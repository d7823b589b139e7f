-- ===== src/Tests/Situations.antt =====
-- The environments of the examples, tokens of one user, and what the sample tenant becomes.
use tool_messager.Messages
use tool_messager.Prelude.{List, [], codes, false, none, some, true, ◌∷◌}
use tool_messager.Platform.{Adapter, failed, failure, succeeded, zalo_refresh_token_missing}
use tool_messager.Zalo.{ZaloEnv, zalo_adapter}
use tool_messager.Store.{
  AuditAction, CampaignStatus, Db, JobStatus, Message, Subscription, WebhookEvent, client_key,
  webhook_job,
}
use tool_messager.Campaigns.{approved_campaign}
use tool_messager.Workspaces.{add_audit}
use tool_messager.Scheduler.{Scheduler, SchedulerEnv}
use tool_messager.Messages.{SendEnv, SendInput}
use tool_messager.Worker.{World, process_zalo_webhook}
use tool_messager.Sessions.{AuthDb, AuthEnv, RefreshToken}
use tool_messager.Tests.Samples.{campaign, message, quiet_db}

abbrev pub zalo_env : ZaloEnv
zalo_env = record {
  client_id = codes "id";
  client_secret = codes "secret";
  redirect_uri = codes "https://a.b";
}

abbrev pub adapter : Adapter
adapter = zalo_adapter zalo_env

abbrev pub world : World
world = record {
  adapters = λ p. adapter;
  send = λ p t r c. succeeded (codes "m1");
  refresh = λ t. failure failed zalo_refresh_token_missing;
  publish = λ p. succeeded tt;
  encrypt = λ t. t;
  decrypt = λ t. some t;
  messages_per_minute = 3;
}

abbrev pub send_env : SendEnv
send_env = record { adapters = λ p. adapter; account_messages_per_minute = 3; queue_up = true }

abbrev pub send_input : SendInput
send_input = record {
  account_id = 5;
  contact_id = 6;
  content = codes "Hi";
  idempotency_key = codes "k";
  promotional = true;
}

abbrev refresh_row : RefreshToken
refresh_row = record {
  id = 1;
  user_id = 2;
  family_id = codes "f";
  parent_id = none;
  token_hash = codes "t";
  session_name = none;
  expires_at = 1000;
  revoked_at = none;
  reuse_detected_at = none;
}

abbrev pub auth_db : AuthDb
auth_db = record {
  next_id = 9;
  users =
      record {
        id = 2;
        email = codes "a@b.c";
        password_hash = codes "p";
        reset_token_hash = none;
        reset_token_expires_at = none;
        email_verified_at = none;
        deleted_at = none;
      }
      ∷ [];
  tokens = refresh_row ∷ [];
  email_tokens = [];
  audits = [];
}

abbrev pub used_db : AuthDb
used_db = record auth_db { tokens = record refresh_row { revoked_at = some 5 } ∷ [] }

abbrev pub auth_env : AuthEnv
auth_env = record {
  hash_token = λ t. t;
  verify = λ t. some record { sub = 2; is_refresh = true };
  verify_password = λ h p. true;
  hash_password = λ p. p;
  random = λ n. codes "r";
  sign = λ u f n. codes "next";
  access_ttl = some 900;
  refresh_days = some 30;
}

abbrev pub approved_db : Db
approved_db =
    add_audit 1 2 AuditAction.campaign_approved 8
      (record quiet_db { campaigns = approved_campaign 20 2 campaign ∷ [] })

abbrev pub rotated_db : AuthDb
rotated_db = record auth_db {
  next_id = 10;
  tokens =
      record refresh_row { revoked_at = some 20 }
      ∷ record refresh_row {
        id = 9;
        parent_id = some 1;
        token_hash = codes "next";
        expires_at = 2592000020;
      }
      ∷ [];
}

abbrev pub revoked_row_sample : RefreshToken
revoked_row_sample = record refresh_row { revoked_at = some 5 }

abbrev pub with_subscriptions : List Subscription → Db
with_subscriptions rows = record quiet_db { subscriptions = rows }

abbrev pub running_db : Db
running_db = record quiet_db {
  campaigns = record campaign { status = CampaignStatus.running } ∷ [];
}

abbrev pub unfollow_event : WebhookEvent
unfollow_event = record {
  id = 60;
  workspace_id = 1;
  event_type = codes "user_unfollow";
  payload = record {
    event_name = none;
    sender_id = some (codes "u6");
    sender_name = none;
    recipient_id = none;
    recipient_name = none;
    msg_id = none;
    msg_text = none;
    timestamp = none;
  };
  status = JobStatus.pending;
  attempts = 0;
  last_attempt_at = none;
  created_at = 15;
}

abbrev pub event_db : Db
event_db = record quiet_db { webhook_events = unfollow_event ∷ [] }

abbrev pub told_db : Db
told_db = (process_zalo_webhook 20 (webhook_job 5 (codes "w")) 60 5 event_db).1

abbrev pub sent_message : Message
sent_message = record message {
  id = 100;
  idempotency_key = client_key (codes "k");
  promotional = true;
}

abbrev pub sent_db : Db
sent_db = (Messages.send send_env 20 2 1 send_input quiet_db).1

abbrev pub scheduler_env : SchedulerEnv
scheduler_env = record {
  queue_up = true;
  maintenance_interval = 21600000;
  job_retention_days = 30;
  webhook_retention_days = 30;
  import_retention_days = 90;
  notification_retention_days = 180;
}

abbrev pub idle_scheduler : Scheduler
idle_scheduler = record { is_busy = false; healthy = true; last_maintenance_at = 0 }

→ **Problem description**:
Make an exact copy of the listing, including every line.

→ **The completed task**:
repository d7823b589b139e7f
-- ===== src/Tests/Situations.antt =====
-- The environments of the examples, tokens of one user, and what the sample tenant becomes.
use tool_messager.Messages
use tool_messager.Prelude.{List, [], codes, false, none, some, true, ◌∷◌}
use tool_messager.Platform.{Adapter, failed, failure, succeeded, zalo_refresh_token_missing}
use tool_messager.Zalo.{ZaloEnv, zalo_adapter}
use tool_messager.Store.{
  AuditAction, CampaignStatus, Db, JobStatus, Message, Subscription, WebhookEvent, client_key,
  webhook_job,
}
use tool_messager.Campaigns.{approved_campaign}
use tool_messager.Workspaces.{add_audit}
use tool_messager.Scheduler.{Scheduler, SchedulerEnv}
use tool_messager.Messages.{SendEnv, SendInput}
use tool_messager.Worker.{World, process_zalo_webhook}
use tool_messager.Sessions.{AuthDb, AuthEnv, RefreshToken}
use tool_messager.Tests.Samples.{campaign, message, quiet_db}

abbrev pub zalo_env : ZaloEnv
zalo_env = record {
  client_id = codes "id";
  client_secret = codes "secret";
  redirect_uri = codes "https://a.b";
}

abbrev pub adapter : Adapter
adapter = zalo_adapter zalo_env

abbrev pub world : World
world = record {
  adapters = λ p. adapter;
  send = λ p t r c. succeeded (codes "m1");
  refresh = λ t. failure failed zalo_refresh_token_missing;
  publish = λ p. succeeded tt;
  encrypt = λ t. t;
  decrypt = λ t. some t;
  messages_per_minute = 3;
}

abbrev pub send_env : SendEnv
send_env = record { adapters = λ p. adapter; account_messages_per_minute = 3; queue_up = true }

abbrev pub send_input : SendInput
send_input = record {
  account_id = 5;
  contact_id = 6;
  content = codes "Hi";
  idempotency_key = codes "k";
  promotional = true;
}

abbrev refresh_row : RefreshToken
refresh_row = record {
  id = 1;
  user_id = 2;
  family_id = codes "f";
  parent_id = none;
  token_hash = codes "t";
  session_name = none;
  expires_at = 1000;
  revoked_at = none;
  reuse_detected_at = none;
}

abbrev pub auth_db : AuthDb
auth_db = record {
  next_id = 9;
  users =
      record {
        id = 2;
        email = codes "a@b.c";
        password_hash = codes "p";
        reset_token_hash = none;
        reset_token_expires_at = none;
        email_verified_at = none;
        deleted_at = none;
      }
      ∷ [];
  tokens = refresh_row ∷ [];
  email_tokens = [];
  audits = [];
}

abbrev pub used_db : AuthDb
used_db = record auth_db { tokens = record refresh_row { revoked_at = some 5 } ∷ [] }

abbrev pub auth_env : AuthEnv
auth_env = record {
  hash_token = λ t. t;
  verify = λ t. some record { sub = 2; is_refresh = true };
  verify_password = λ h p. true;
  hash_password = λ p. p;
  random = λ n. codes "r";
  sign = λ u f n. codes "next";
  access_ttl = some 900;
  refresh_days = some 30;
}

abbrev pub approved_db : Db
approved_db =
    add_audit 1 2 AuditAction.campaign_approved 8
      (record quiet_db { campaigns = approved_campaign 20 2 campaign ∷ [] })

abbrev pub rotated_db : AuthDb
rotated_db = record auth_db {
  next_id = 10;
  tokens =
      record refresh_row { revoked_at = some 20 }
      ∷ record refresh_row {
        id = 9;
        parent_id = some 1;
        token_hash = codes "next";
        expires_at = 2592000020;
      }
      ∷ [];
}

abbrev pub revoked_row_sample : RefreshToken
revoked_row_sample = record refresh_row { revoked_at = some 5 }

abbrev pub with_subscriptions : List Subscription → Db
with_subscriptions rows = record quiet_db { subscriptions = rows }

abbrev pub running_db : Db
running_db = record quiet_db {
  campaigns = record campaign { status = CampaignStatus.running } ∷ [];
}

abbrev pub unfollow_event : WebhookEvent
unfollow_event = record {
  id = 60;
  workspace_id = 1;
  event_type = codes "user_unfollow";
  payload = record {
    event_name = none;
    sender_id = some (codes "u6");
    sender_name = none;
    recipient_id = none;
    recipient_name = none;
    msg_id = none;
    msg_text = none;
    timestamp = none;
  };
  status = JobStatus.pending;
  attempts = 0;
  last_attempt_at = none;
  created_at = 15;
}

abbrev pub event_db : Db
event_db = record quiet_db { webhook_events = unfollow_event ∷ [] }

abbrev pub told_db : Db
told_db = (process_zalo_webhook 20 (webhook_job 5 (codes "w")) 60 5 event_db).1

abbrev pub sent_message : Message
sent_message = record message {
  id = 100;
  idempotency_key = client_key (codes "k");
  promotional = true;
}

abbrev pub sent_db : Db
sent_db = (Messages.send send_env 20 2 1 send_input quiet_db).1

abbrev pub scheduler_env : SchedulerEnv
scheduler_env = record {
  queue_up = true;
  maintenance_interval = 21600000;
  job_retention_days = 30;
  webhook_retention_days = 30;
  import_retention_days = 90;
  notification_retention_days = 180;
}

abbrev pub idle_scheduler : Scheduler
idle_scheduler = record { is_busy = false; healthy = true; last_maintenance_at = 0 }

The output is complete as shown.